# Priester Nebenklasse



## Torhall (17. Februar 2009)

Hallo Buffies!

Ich habe gestern erst mit RoM angefangen und mir einen Priester erstellt. 
Als Nebenklasse würde ich gerne Magier nehmen obwohl ich weis das es wohl nicht optimal ist da beide Klassen Mana abhängig sind. 
Hat diese Kombination auch Vorteile?
2. Wahl wäre für mich der Kundschafter.
Beratet mich mal ein wenig 


			Dieser Inhalt steht nur eingeloggten Mitgliedern zur Verfügung.
        

 

Gibt es die Möglichkeit die Nebenklasse zu ändern wenn man merkt das es nicht funktioniert?

Freue mich auf Antworten 


			Dieser Inhalt steht nur eingeloggten Mitgliedern zur Verfügung.
        

 
mfg


----------



## Tabuno (17. Februar 2009)

Man kann die Nebenklasse nicht mehr ändern, wenn man sie einmal gewählt. Aber ich glaube es ist so ausgelegt, dass jede Kombination gut passt.
Ich spiele z. B. einen Priester/Schurken und wenn mein Mana leer ist kann ich meine Energie aufbrauchen. Aber einen richtigen Fehler bei der Nebenklasse kann man glaub ich nicht machen...


----------



## Lillyan (17. Februar 2009)

Ich bin Magier/Priester. 

Vorteile:
- Gleiche Rüstungsart
- Magier kann sich heilen

Nachteile:
- Schwach im Nahkampf
- beides Manaabhängig

Dazu muss ich auch auch sagen, dass ich noch nicht sooo weit gekommen bin, bisher macht mir die Kombination aber recht viel Spaß.


----------



## Torhall (18. Februar 2009)

Danke für eure Antworten!
Hab mich auch mal im offiziellen Forum umgeschaut und so selten scheint die Kombi gar nicht zu sein.
Ich werds auch mal testen 


			Dieser Inhalt steht nur eingeloggten Mitgliedern zur Verfügung.
        



mfg


----------



## Yldrasson (18. Februar 2009)

Ich habe diese Kombination ebenfalls gewählt, allerding eher aus dem Grund, dass mir die anderen Klassen als Sekundärklassen noch weniger zusagen.
Mein Priester sollte eben ein ganz normaler Priester sein - da macht es sich nicht gut, wenn er auf einmal mit Kettenhemd und Zweihandaxt auf den Gegner zustürmt.
Ebenso wenig empfände ich es als passend, wenn mein kleiner Stoff-Freund mit der Neigung zum "golden Glitzern", bzw. zum "andere golden Glitzern lassen", auf einmal mit zwei Dolchen hinter dem Gegner auftaucht und ihm die Kehle durchschneidet.
Der Magier ist, im Vergleich zu den anderen Klassen, dem Priester am ähnlichsten, was Lillyan ja sowohl bei ihren Pro-, als auch bei ihren Kontra-Argumenten hat durchblicken lassen.
Ich levele den Magier-Part meines Charakters eigentlich nicht. Allerhöchstens, um Freunden, die gerade mit dem Spiel angefangen haben, in den ersten Stunden zur Seite zu stehen.
Gut, der Feuerball, als Sofort-Zauber mit niedrigen Mana-Kosten ist ganz nützlich für die ach so gehassten "Ich-hab-nur-noch-1%-Lebensenergie-und-laufe-jetzt-weg-um-alle-meine-Freunde-zu-holen" - Gegner, bei denen ich zuvor immer eine viel zu mächtige und viel zu teure "Reissende Flut" hinaufbeschwören musste.

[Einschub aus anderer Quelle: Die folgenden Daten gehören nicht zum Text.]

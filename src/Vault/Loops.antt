-- ===== src/Vault/Loops.antt =====
-- The check loops of one Vault checker beside each other: startHealthCheckLoop evaluates v.ctx anew
-- whenever it comes to its select statement, and Disable and Enable replace that context meanwhile. What a
-- check publishes is left out. Every action is one step, in any interleaving.
pub mod Ending
pub mod Piling
use go_healthcheck.Prelude.{ℕ, suc, ◌+◌, ◌<◌, ◌≡◌, Bool, true, false, update}

-- Where a loop is: in its select statement, with the Done channel of a context; in performHealthCheck; or it
-- has returned.
pub data Phase : Type 0 where
  waiting : ℕ → Phase
  checking : Phase
  ended : Phase

-- The contexts are numbered in the order in which they are made.
pub record Loops : Type 0 where
  -- v.ctx
  pub context : ℕ
  pub is_cancelled : ℕ → Bool
  pub disabled : Bool
  -- how many loops have been started, and where each is
  pub count : ℕ
  pub phase : ℕ → Phase

-- newVaultCheckerInternal has made the first context and started a loop, which begins with a check.
abbrev pub init : Loops
init = record {
  context = 0;
  is_cancelled = λ _. false;
  disabled = false;
  count = 1;
  phase = λ _. checking;
}

-- cancelFunc()
abbrev pub cancel : Loops → Loops
cancel s = record s { is_cancelled = update s.is_cancelled s.context true }

abbrev pub move : ℕ → Phase → Loops → Loops
move i p s = record s { phase = update s.phase i p }

-- Enable: a new context and a new loop.
abbrev pub restart : Loops → Loops
restart s = record s {
  context = suc s.context;
  disabled = false;
  count = suc s.count;
  phase = update s.phase s.count checking;
}

pub data Step (s : Loops) : Loops → Type 0 where
  disable : s.disabled ≡ false → Step s (cancel (record s { disabled = true }))
  enable : s.disabled ≡ true → Step s (restart s)
  close : Step s (cancel s)
  -- the check is over, and the loop comes to its select statement
  await : (i : ℕ) → i < s.count → s.phase i ≡ checking → Step s (move i (waiting s.context) s)
  tick : (i g : ℕ) → i < s.count → s.phase i ≡ waiting g → Step s (move i checking s)
  leave :
      (i g : ℕ)
      → i < s.count
      → s.phase i ≡ waiting g
      → s.is_cancelled g ≡ true
      → Step s (move i ended s)

-- From one state to another by any number of steps.
pub data Reach (s : Loops) : Loops → Type 0 where
  start : Reach s s
  next : {t u : Loops} → Reach s t → Step t u → Reach s u
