-- ===== src/Vault/Loops/Ending.antt =====
-- Disable and Close reach every loop that has been started.
use native.Mathlib.Decide.{dec_lt}
use go_healthcheck.Prelude.{◌⊎◌, inl, inr, ℕ, ◌≤◌, ◌<◌, ◌≡◌, true, arith, update_self, update_elim}
use go_healthcheck.Vault.Loops.{
  Phase, waiting, checking, ended, Loops, init, cancel, move, restart, Step, disable, enable, close,
  await, tick, leave, Reach, start, next,
}

-- Where a loop may be: it waits on the current context, or on a cancelled one.
abbrev IsKnown : Loops → Phase → Type 0
IsKnown s (waiting g) = g ≤ s.context
IsKnown s _ = Unit {0}

-- The contexts before the current one are cancelled, and so is that of a disabled checker.
record Inv (s : Loops) : Type 0 where
  old : (g : ℕ) → g < s.context → s.is_cancelled g ≡ true
  off : s.disabled ≡ true → s.is_cancelled s.context ≡ true
  known : (i : ℕ) → i < s.count → IsKnown s (s.phase i)

init-Inv : Inv init
init-Inv = record { old = λ g h. absurd (omega arith); off = λ h. absurd (cc); known = λ i h. tt }

cancel-Inv : (s : Loops) → Inv s → Inv (cancel s)
cancel-Inv s v = record {
  old = λ g h. ground (arith, v.old g h);
  off = λ h. update_self s.is_cancelled s.context true;
  known = v.known;
}

move-Inv : (s : Loops) (i : ℕ) (p : Phase) → IsKnown s p → Inv s → Inv (move i p s)
move-Inv s i p h v = record {
  old = v.old;
  off = v.off;
  known = λ j lt. update_elim (IsKnown s) s.phase i j p h (λ ne. v.known j lt);
}

grown-IsKnown : (s : Loops) (p : Phase) → IsKnown s p → IsKnown (restart s) p
grown-IsKnown s (waiting g) h = omega arith
grown-IsKnown s checking h = tt
grown-IsKnown s ended h = tt

restart-Inv : (s : Loops) → s.disabled ≡ true → Inv s → Inv (restart s)
restart-Inv s h v = record {
  old = λ g lt. elim (dec_lt g s.context) [
    | yes below ↦ v.old g below
    | no above ↦ let e : g ≡ s.context = omega arith in rw e (v.off h)
  ];
  off = λ e. absurd (cc);
  known = λ j lt.
      update_elim (IsKnown (restart s)) s.phase s.count j checking tt
        (λ ne. grown-IsKnown s (s.phase j) (v.known j (omega arith)));
}

Step-Inv : {s t : Loops} → Step s t → Inv s → Inv t
Step-Inv {s} (disable h) v = record {
  old = λ g lt. ground (arith, v.old g lt);
  off = λ e. update_self s.is_cancelled s.context true;
  known = v.known;
}
Step-Inv {s} (enable h) v = restart-Inv s h v
Step-Inv {s} close v = cancel-Inv s v
Step-Inv {s} (await i lt e) v = move-Inv s i (waiting s.context) (omega arith) v
Step-Inv {s} (tick i g lt e) v = move-Inv s i checking tt v
Step-Inv {s} (leave i g lt e d) v = move-Inv s i ended tt v

Reach-Inv : {s t : Loops} → Reach s t → Inv s → Inv t
Reach-Inv start v = v
Reach-Inv (next r st) v = Step-Inv st (Reach-Inv r v)

-- The loop has returned, or its next visit to the select statement finds a context that is done.
abbrev pub IsLeaving : Loops → Phase → Type 0
IsLeaving s (waiting g) = s.is_cancelled g ≡ true
IsLeaving s checking = s.is_cancelled s.context ≡ true
IsLeaving s ended = Unit {0}

known_leaves :
    (s : Loops) (p : Phase) → Inv s → s.is_cancelled s.context ≡ true → IsKnown s p → IsLeaving s p
known_leaves s ended v h k = tt
known_leaves s checking v h k = h
known_leaves s (waiting g) v h k = elim (dec_lt g s.context) [
  | yes below ↦ v.old g below
  | no above ↦ let e : g ≡ s.context = omega arith in rw e h
]

-- In every state that the calls and the loops of a Vault checker reach, in any interleaving: while the
-- checker is disabled, or its context is cancelled, each of its loops has returned, waits on a context
-- that is done, or is at a check behind which it waits on one.
pub all_leave :
    {s : Loops} (i : ℕ)
    → Reach init s
    → (s.disabled ≡ true) ⊎ (s.is_cancelled s.context ≡ true)
    → i < s.count
    → IsLeaving s (s.phase i)
all_leave {s} i r h lt =
    let v = Reach-Inv r init-Inv in
    let cancelled : s.is_cancelled s.context ≡ true = elim h [ inl off ↦ v.off off | inr c ↦ c ] in
    known_leaves s (s.phase i) v cancelled (v.known i lt)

Also allein wegen diesem Zauber lohnt es sich schon. ^^

LG
Yldrasson


----------



## Die Sula (19. Februar 2009)

Muss man die Nebenklasse denn hochleveln? Oder reicht es wenn die Primär Klasse oben ist? Weil ich habe ein Priester und es soll auch ein Priester bleiben....


----------



## Shinria (19. Februar 2009)

Die schrieb:


> Muss man die Nebenklasse denn hochleveln? Oder reicht es wenn die Primär Klasse oben ist? Weil ich habe ein Priester und es soll auch ein Priester bleiben....



Du bekommst durch deine 2te Klasse ja weitere skills die du auch mit deiner Mainklasse nutzen kannst... desweiteren bekommst du ab lvl 15/15 alle 5 lvl (also 20/20 ...25/25) einen Eliteskill beim Eliteskilltrainer... die sehr gut sind un auf die klassen zugeschnitten...


----------



## Thumb (19. Februar 2009)

Hey, 

Bei der Sekundärklassenwahl kommt es immer auf eure Absichten an.
Wenn ihr darauf aus seid auch in höheren Leveln immer weiter zu heilen, dann würde ich die Combi Priester/Ritter nehmen. Hab ich übrigends auch 


			Dieser Inhalt steht nur eingeloggten Mitgliedern zur Verfügung.
        


Der Vorteil dabei ist, dass der Ritter als Sekundärklasse viele deiner Werte beim Priester erhöht, zB: Rüstung, Verteidigung und Mana glaub ich auch.
Das ist insofern gut, weil man als Healer ja nicht nach einem Hit tot sein will.

Priest/Magier ist denk mal eher ne Combi für dmg, aber da kenne ich mich nicht so aus.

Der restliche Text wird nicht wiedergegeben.